# What is expected
The data below holds a line containing "index logs, out))" and a line containing "inl nothing ↦"; please quote exactly those two lines and every line between them, and nothing else.

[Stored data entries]

BEGIN

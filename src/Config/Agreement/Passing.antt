-- ===== src/Config/Agreement/Passing.antt =====
-- When `one` of Task5/raft/config.go passes.
use unique_freshman.Prelude.{
  ℕ, zero, suc, ◌+◌, ◌≤◌, ◌<◌, ◌≡◌, ◌↔◌, ◌⊎◌, refl, ap, ◌∙◌, ℤ, minus_one, ltb, leb, eqb_ℤ, Bool,
  true, false, ◌&&◌, List, [], ◌∷◌, Option, none, some, if◌then◌else◌, length, get_elem?, arith,
  Option-cases, inl, inr,
}
use unique_freshman.Raft.Gob.{Gob}
use unique_freshman.Config.{passed, lookup, n_committed, is_other}
use unique_freshman.Config.Agreement.{Logs, Submission, Attempt, try_start, poll, one}
use unique_freshman.Config.Agreement.Holders.{holders, AllHold}
use unique_freshman.Config.Agreement.Agreed.{try_start-IsTried}

module _ {Command : Type 0} (same : Command → Command → Bool)
    (same_iff : (a b : Command) → (same a b ≡ true) ↔ (a ≡ b)) where
  is_other-false :
      (cur : Option Command) (v cmd : Command)
      → v ≡ cmd
      → ((cur ≡ none) ⊎ (cur ≡ some cmd))
      → is_other same cur v ≡ false
  is_other-false none v cmd e before = refl
  is_other-false (some c) v cmd e before =
      let eq : c ≡ v = ground arith in ground (arith, (same_iff c v).1 eq)

  -- Where no log has another value, the count goes through.
  n_committed-passed :
      (index : ℤ) (count : ℕ) (cur : Option Command) (cmd : Command) (logs : Logs Command)
      → AllHold index cmd logs
      → ((cur ≡ none) ⊎ (cur ≡ some cmd))
      → (out : Option Command) × (n_committed same index count cur logs
          ≡ passed (count + holders index logs, out))
        × ((out ≡ some cmd) ⊎ ((out ≡ none) × (cur ≡ none) × (holders index logs ≡ 0)))
  unfolding n_committed holders
  n_committed-passed index count cur cmd [] all (inl nothing) =
      (cur, ap (λ n. passed (n, cur)) (ground arith), inr (nothing, nothing, refl))
  n_committed-passed index count cur cmd [] all (inr had) =
      (cur, ap (λ n. passed (n, cur)) (ground arith), inl had)
  n_committed-passed index count cur cmd (log ∷ logs) all before =
      let rest : AllHold index cmd logs = λ j l v here found. all (suc j) l v here found in
      elim (Option-cases (lookup index log)) [
        | inl nothing ↦
            let (out, run, what) = n_committed-passed index count cur cmd logs rest before in
            (out, rw (n_committed, holders, nothing) run, rw (holders, nothing) what)
        | inr (v, found) ↦
            let is_cmd : v ≡ cmd = all 0 log v refl found in
            let (out, run, what) =
              n_committed-passed index (suc count) (some v) cmd logs rest (inr (ap some is_cmd)) in
            let fine = is_other-false cur v cmd is_cmd before in
            let sum : suc count + holders index logs ≡ count + suc (holders index logs) =
              omega arith in
            (
              out,
              rw (n_committed, holders, found, fine) (run ∙ ap (λ n. passed (n, out)) sum),
              elim what [ inl known ↦ inl known | inr (_, absent, _) ↦ absurd (ground arith) ],
            )
      ]

  -- A look at logs in which no server has another value.
  poll-next :
      (cmd : Command) (expected : ℕ) (index : ℤ) (logs : Logs Command) (looks : List (Logs Command))
      → AllHold index cmd logs
      → poll same cmd expected index (logs ∷ looks) ≡ (
          if ltb 0 (holders index logs) && leb expected (holders index logs)
          then passed true
          else poll same cmd expected index looks)
  unfolding poll
  poll-next cmd expected index logs looks all =
      let (out, run, what) = n_committed-passed index 0 none cmd logs all (inl refl) in
      let self = (same_iff cmd cmd).1 refl in
      elim what [
        | inl known ↦ rw (poll, run, known) (ground (arith, self))
        | inr (absent, _, empty) ↦ rw (poll, run, absent) (ground (arith, self))
      ]

  poll-true :
      (cmd : Command) (expected : ℕ) (index : ℤ) (looks : List (Logs Command)) (m : ℕ)
      (logs : Logs Command)
      → ((k : ℕ) (seen : Logs Command) → get_elem? looks k ≡ some seen → AllHold index cmd seen)
      → get_elem? looks m ≡ some logs
      → 0 < holders index logs
      → expected ≤ holders index logs
      → poll same cmd expected index looks ≡ passed true
  poll-true cmd expected index [] m logs all there any enough = absurd (ground arith)
  poll-true cmd expected index (seen ∷ looks) zero logs all there any enough =
      let is : seen ≡ logs = ground arith in
      poll-next cmd expected index seen looks (all 0 seen refl) ∙ rw (is) (ground arith)
  poll-true cmd expected index (seen ∷ looks) (suc m) logs all there any enough =
      let later =
        poll-true cmd expected index looks m logs (λ k l h. all (suc k) l h) there any enough in
      poll-next cmd expected index seen looks (all 0 seen refl) ∙ ground (arith, later)

module _ {Bytes Command : Type 0} ⦃gob : Gob Bytes Command⦄ (same : Command → Command → Bool)
    (same_iff : (a b : Command) → (same a b ≡ true) ↔ (a ≡ b)) where
  -- `same` decides equality of commands. If the first round of `one` finds a server that takes the
  -- command, no look of that round shows another value at its index, and at one look some server, and
  -- no fewer than expected, have a value there, then `one` passes with that index.
  pub one-passed :
      (cmd : Command) (expected : ℕ) (retry : Bool) (starts s m : ℕ) (t : Submission Bytes Command)
      (attempt : Attempt Bytes Command) (attempts : List (Attempt Bytes Command))
      (logs : Logs Command)
      → try_start cmd attempt.servers (length attempt.servers) starts ≡ (s, some t)
      → ((k : ℕ) (seen : Logs Command)
          → get_elem? attempt.looks k ≡ some seen
          → AllHold t.index cmd seen)
      → get_elem? attempt.looks m ≡ some logs
      → 0 < holders t.index logs
      → expected ≤ holders t.index logs
      → one same cmd expected retry starts (attempt ∷ attempts) ≡ passed t.index
  unfolding one
  one-passed cmd expected retry starts s m t attempt attempts logs found all there any enough =
      let (rf, _, _, end) =
        try_start-IsTried cmd attempt.servers (length attempt.servers) starts s t found in
      let done =
        poll-true same same_iff cmd expected t.index attempt.looks m logs all there any enough in
      let real : eqb_ℤ t.index minus_one ≡ false = rw end (ground arith) in
      rw (one, found, real, done) refl
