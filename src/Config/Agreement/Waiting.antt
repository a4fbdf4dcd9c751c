-- ===== src/Config/Agreement/Waiting.antt =====
-- What it means that `wait` of Task5/raft/config.go returns.
use unique_freshman.Prelude.{
  ℕ, suc, ◌≤◌, ◌≡◌, ◌≢◌, ◌↔◌, refl, ap, ◌∙◌, subst, ℤ, minus_one, ltb, leb, Bool, true, false, List,
  [], ◌∷◌, Option, none, some, ltb_ℤ, ◌<ℤ◌, get_elem?, arith, Bool-cases, inl, inr,
}
use unique_freshman.Raft.Types.{Raft}
use unique_freshman.Raft.State.{get_state}
use unique_freshman.Config.{passed, Check-cases, failed-ne-passed, panicked-ne-passed, n_committed}
use unique_freshman.Config.Agreement.{
  Logs, Waited, Glance, decided, moved_on, in_later_term, last_look, wait,
}
use unique_freshman.Config.Agreement.Holders.{AllHold, holders, n_committed-holders}

module _ {Command : Type 0} where
  -- Enough servers have a value at the index, and all of them the one decided.
  abbrev pub IsDecided : ℤ → ℕ → Waited Command → Logs Command → Type 0
  IsDecided index n moved_on logs = Unit
  IsDecided index n (decided cmd) logs =
      (n ≤ holders index logs) × ((v : Command) → cmd ≡ some v → AllHold index v logs)

module _ {Command : Type 0} (same : Command → Command → Bool)
    (same_iff : (a b : Command) → (same a b ≡ true) ↔ (a ≡ b)) where
  last_look-IsDecided :
      (index : ℤ) (n : ℕ) (logs : Logs Command) (w : Waited Command)
      → last_look same index n logs ≡ passed w
      → IsDecided index n w logs
  unfolding last_look
  last_look-IsDecided index n logs moved_on h = tt
  last_look-IsDecided index n logs (decided cmd) h =
      elim (Check-cases (n_committed same index 0 none logs)) [
        | inl ((nd, out), looked) ↦
            let (total, all) = n_committed-holders same same_iff index 0 nd none out logs looked in
            elim (Bool-cases (ltb nd n)) [
              | inl few ↦ absurd (failed-ne-passed (rw (looked, last_look, few) at h))
              | inr enough ↦
                  let passes : passed (decided out) ≡ passed (decided cmd) =
                    rw (looked, last_look, enough) at h in
                  let same_cmd : out ≡ cmd = ground (arith, passes) in
                  (ground (arith, total), λ v e. (all v (same_cmd ∙ e)).0)
            ]
        | inr (inl bad) ↦ absurd (failed-ne-passed (rw (bad, last_look) at h))
        | inr (inr bad) ↦ absurd (panicked-ne-passed (rw (bad, last_look) at h))
      ]

  last_look-ne-moved_on :
      (index : ℤ) (n : ℕ) (logs : Logs Command) → last_look same index n logs ≢ passed moved_on
  unfolding last_look
  last_look-ne-moved_on index n logs h = elim (Check-cases (n_committed same index 0 none logs)) [
    | inl ((nd, out), looked) ↦ elim (Bool-cases (ltb nd n)) [
      | inl few ↦ failed-ne-passed (rw (looked, last_look, few) at h)
      | inr enough ↦
          let passes : passed (decided out) ≡ passed moved_on =
            rw (looked, last_look, enough) at h in
          ground (arith, passes)
    ]
    | inr (inl bad) ↦ failed-ne-passed (rw (bad, last_look) at h)
    | inr (inr bad) ↦ panicked-ne-passed (rw (bad, last_look) at h)
  ]

module _ {Bytes Command : Type 0} where
  -- A server was in a later term than `wait` began in.
  abbrev pub HasMovedOn : ℤ → List (Glance Bytes Command) → Type 0
  HasMovedOn start_term glances =
      (k : ℕ) × (glance : Glance Bytes Command) × (get_elem? glances k ≡ some glance)
      × (j : ℕ) × (rf : Raft Bytes Command) × (get_elem? glance.rafts j ≡ some (some rf))
      × (start_term <ℤ rf.current_term)

  -- What holds once `wait` returns.
  abbrev pub HasEnded :
      ℤ → ℕ → ℤ → List (Glance Bytes Command) → Logs Command → Waited Command → Type 0
  HasEnded index n start_term glances logs w =
      IsDecided index n w logs
      × (w ≡ moved_on → (minus_one <ℤ start_term) × HasMovedOn start_term glances)

  in_later_term-some :
      (start_term : ℤ) (rafts : List (Option (Raft Bytes Command)))
      → in_later_term start_term rafts ≡ passed true
      → (j : ℕ) × (rf : Raft Bytes Command) × (get_elem? rafts j ≡ some (some rf))
        × (start_term <ℤ rf.current_term)
  unfolding in_later_term get_state
  in_later_term-some start_term [] h = absurd (ground arith)
  in_later_term-some start_term (none ∷ rafts) h = absurd (ground arith)
  in_later_term-some start_term (some rf ∷ rafts) h =
      elim (Bool-cases (ltb_ℤ start_term rf.current_term)) [
        | inl later ↦ (0, rf, refl, ground arith)
        | inr not_later ↦
            let (j, other, there, beyond) =
              in_later_term-some start_term rafts (rw (in_later_term, not_later) at h) in
            (suc j, other, there, beyond)
      ]

module _ {Bytes Command : Type 0} (same : Command → Command → Bool)
    (same_iff : (a b : Command) → (same a b ≡ true) ↔ (a ≡ b)) where
  -- What `wait` returns at its last look.
  looked_last :
      (index : ℤ) (n : ℕ) (start_term : ℤ) (glances : List (Glance Bytes Command))
      (logs : Logs Command) (w : Waited Command)
      → last_look same index n logs ≡ passed w
      → HasEnded index n start_term glances logs w
  looked_last index n start_term glances logs w h = (
    last_look-IsDecided same same_iff index n logs w h,
    λ moved. absurd (last_look-ne-moved_on same same_iff index n logs (h ∙ ap passed moved)),
  )

  -- The next rounds end it.
  looked_again :
      (index : ℤ) (n : ℕ) (start_term : ℤ) (glance : Glance Bytes Command)
      (glances : List (Glance Bytes Command)) (logs : Logs Command) (w : Waited Command)
      → HasEnded index n start_term glances logs w
      → HasEnded index n start_term (glance ∷ glances) logs w
  looked_again index n start_term glance glances logs w (is, why) = (
    is,
    λ moved.
        let (began, (k, seen, there, j, rf, at_j, beyond)) = why moved in
        (began, (suc k, seen, there, j, rf, at_j, beyond)),
  )

  -- `same` decides equality of commands. If `wait` returns a value, then at its last look at least
  -- `n` servers had a value at the index, and all of them that one. If it returns -1, then it began
  -- with a term, and it has seen a server in a later one.
  pub wait-HasEnded :
      (index : ℤ) (n : ℕ) (start_term : ℤ) (glances : List (Glance Bytes Command))
      (logs : Logs Command) (w : Waited Command)
      → wait same index n start_term glances logs ≡ passed w
      → HasEnded index n start_term glances logs w
  unfolding wait
  wait-HasEnded index n start_term [] logs w h = looked_last index n start_term [] logs w h
  wait-HasEnded index n start_term (glance ∷ glances) logs w h =
      let later : wait same index n start_term glances logs ≡ passed w
          → HasEnded index n start_term (glance ∷ glances) logs w =
        λ h'.
          looked_again index n start_term glance glances logs w
            (wait-HasEnded index n start_term glances logs w h') in
      elim (Check-cases (n_committed same index 0 none glance.logs)) [
        | inl ((nd, out), looked) ↦ elim (Bool-cases (leb n nd)) [
          | inl enough ↦
              looked_last index n start_term (glance ∷ glances) logs w
                (rw (looked, wait, enough) at h)
          | inr few ↦ elim (Bool-cases (ltb_ℤ minus_one start_term)) [
            | inl began ↦ elim (Check-cases (in_later_term start_term glance.rafts)) [
              | inl (true, seen) ↦
                  let passes : passed moved_on ≡ passed w =
                    rw (looked, wait, few, began, seen) at h in
                  let moved : moved_on ≡ w = ground (arith, passes) in
                  subst (HasEnded index n start_term (glance ∷ glances) logs) moved (
                    tt,
                    λ _.
                        let (j, rf, at_j, beyond) =
                          in_later_term-some start_term glance.rafts seen in
                        (ground arith, (0, glance, refl, j, rf, at_j, beyond)),
                  )
              | inl (false, seen) ↦ later (rw (looked, wait, few, began, seen) at h)
              | inr (inl bad) ↦ absurd (failed-ne-passed (rw (looked, wait, few, began, bad) at h))
              | inr (inr bad) ↦
                  absurd (panicked-ne-passed (rw (looked, wait, few, began, bad) at h))
            ]
            | inr no_term ↦ later (rw (looked, wait, few, no_term) at h)
          ]
        ]
        | inr (inl bad) ↦ absurd (failed-ne-passed (rw (bad, wait) at h))
        | inr (inr bad) ↦ absurd (panicked-ne-passed (rw (bad, wait) at h))
      ]
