-- ===== src/Config/Leaders.antt =====
-- `checkOneLeader` of Task5/raft/config.go: the leader of the latest term, where no term has two.
-- The loop over the Go map `leaders` is in the order of the list here: in Go it has none, which
-- changes neither the latest term nor whether a term has two leaders.
pub mod Unique
pub mod Exact
use unique_freshman.Prelude.{
  ℕ, zero, suc, ◌+◌, ◌≤◌, ◌<◌, ◌≡◌, refl, sym, ap, ◌∙◌, subst, ℤ, pos, minus_one, ◌≤ℤ◌, ◌<ℤ◌, ltb,
  ltb_ℤ, eqb_ℤ, Bool, true, false, List, [], ◌∷◌, ◌++◌, Option, none, some, if◌then◌else◌, length,
  get_elem?, take, arith, Bool-cases, Option-cases, inl, inr, append_assoc, append-nil, ◌&&◌,
}
use unique_freshman.Raft.Types.{Raft, leader}
use unique_freshman.Raft.State.{get_state}
use unique_freshman.Config.{
  Check, passed, failed, panicked, Check-cases, failed-ne-passed, panicked-ne-passed,
}

-- The map `leaders` from a term to the servers that lead in it.
abbrev pub LeaderMap : Type 0
LeaderMap = List (ℤ × List ℕ)

-- `leaders[term] = append(leaders[term], i)`
unfoldable pub add_leader : ℤ → ℕ → LeaderMap → LeaderMap
add_leader term i [] = (term, i ∷ []) ∷ []
add_leader term i ((t, is) ∷ m) =
    let rest = add_leader term i m in if eqb_ℤ t term then (t, is ++ i ∷ []) ∷ m else (t, is) ∷ rest

-- `leaders[term]`, which is `nil` for a term that is not there.
unfoldable pub leaders_of : ℤ → LeaderMap → List ℕ
leaders_of term [] = []
leaders_of term ((t, is) ∷ m) = let rest = leaders_of term m in if eqb_ℤ t term then is else rest

-- The loop over the map, from `lastTermWithLeader` on.
unfoldable pub last_term_with_leader : ℤ → LeaderMap → Check ℤ
last_term_with_leader last [] = passed last
last_term_with_leader last ((t, is) ∷ m) =
    let rest = last_term_with_leader (if ltb_ℤ last t then t else last) m in
    if ltb 1 (length is) then failed else rest

module _ {Bytes Command : Type 0} where
  -- The loop over the servers, from server `i` on.
  unfoldable pub find_leaders :
      ℕ → LeaderMap → List (Bool × Option (Raft Bytes Command)) → Check LeaderMap
  find_leaders i m [] = passed m
  find_leaders i m ((false, rf) ∷ servers) = find_leaders (suc i) m servers
  find_leaders i m ((true, none) ∷ servers) = panicked
  find_leaders i m ((true, some rf) ∷ servers) =
      let (term, is_leader) = get_state rf in
      find_leaders (suc i) (if is_leader then add_leader term i m else m) servers

  -- The rounds of the outer loop, with what each of them sees of the servers.
  unfoldable pub check_rounds : List (List (Bool × Option (Raft Bytes Command))) → Check ℕ
  check_rounds [] = failed
  check_rounds (servers ∷ rounds) = elim (find_leaders 0 [] servers) [
    | failed ↦ failed
    | panicked ↦ panicked
    | passed [] ↦ check_rounds rounds
    | passed (entry ∷ m) ↦ elim (last_term_with_leader minus_one (entry ∷ m)) [
      | failed ↦ failed
      | panicked ↦ panicked
      | passed last ↦ elim (leaders_of last (entry ∷ m)) [ [] ↦ panicked | i ∷ is ↦ passed i ]
    ]
  ]

  -- The outer loop has ten rounds; `rounds` is what they see, one after the other.
  unfoldable pub check_one_leader : List (List (Bool × Option (Raft Bytes Command))) → Check ℕ
  unfolding check_rounds
  check_one_leader rounds = check_rounds (take 10 rounds)

  -- The connected servers that lead in a term, by their indices from `i` on.
  unfoldable pub leading : ℤ → ℕ → List (Bool × Option (Raft Bytes Command)) → List ℕ
  unfolding get_state
  leading t i [] = []
  leading t i ((false, rf) ∷ servers) = leading t (suc i) servers
  leading t i ((true, none) ∷ servers) = leading t (suc i) servers
  leading t i ((true, some rf) ∷ servers) =
      let rest = leading t (suc i) servers in
      if (get_state rf).1 && eqb_ℤ rf.current_term t then i ∷ rest else rest

  -- Every connected server runs.
  abbrev pub AllRun : List (Bool × Option (Raft Bytes Command)) → Type 0
  AllRun [] = Unit
  AllRun ((false, rf) ∷ servers) = AllRun servers
  AllRun ((true, none) ∷ servers) = ⊥
  AllRun ((true, some rf) ∷ servers) = AllRun servers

END

# Written solution
          ≡ passed (count + holders index logs, out))
        × ((out ≡ some cmd) ⊎ ((out ≡ none) × (cur ≡ none) × (holders index logs ≡ 0)))
  unfolding n_committed holders
  n_committed-passed index count cur cmd [] all (inl nothing) =
      (cur, ap (λ n. passed (n, cur)) (ground arith), inr (nothing, nothing, refl))
  n_committed-passed index count cur cmd [] all (inr had) =
      (cur, ap (λ n. passed (n, cur)) (ground arith), inl had)
  n_committed-passed index count cur cmd (log ∷ logs) all before =
      let rest : AllHold index cmd logs = λ j l v here found. all (suc j) l v here found in
      elim (Option-cases (lookup index log)) [
        | inl nothing ↦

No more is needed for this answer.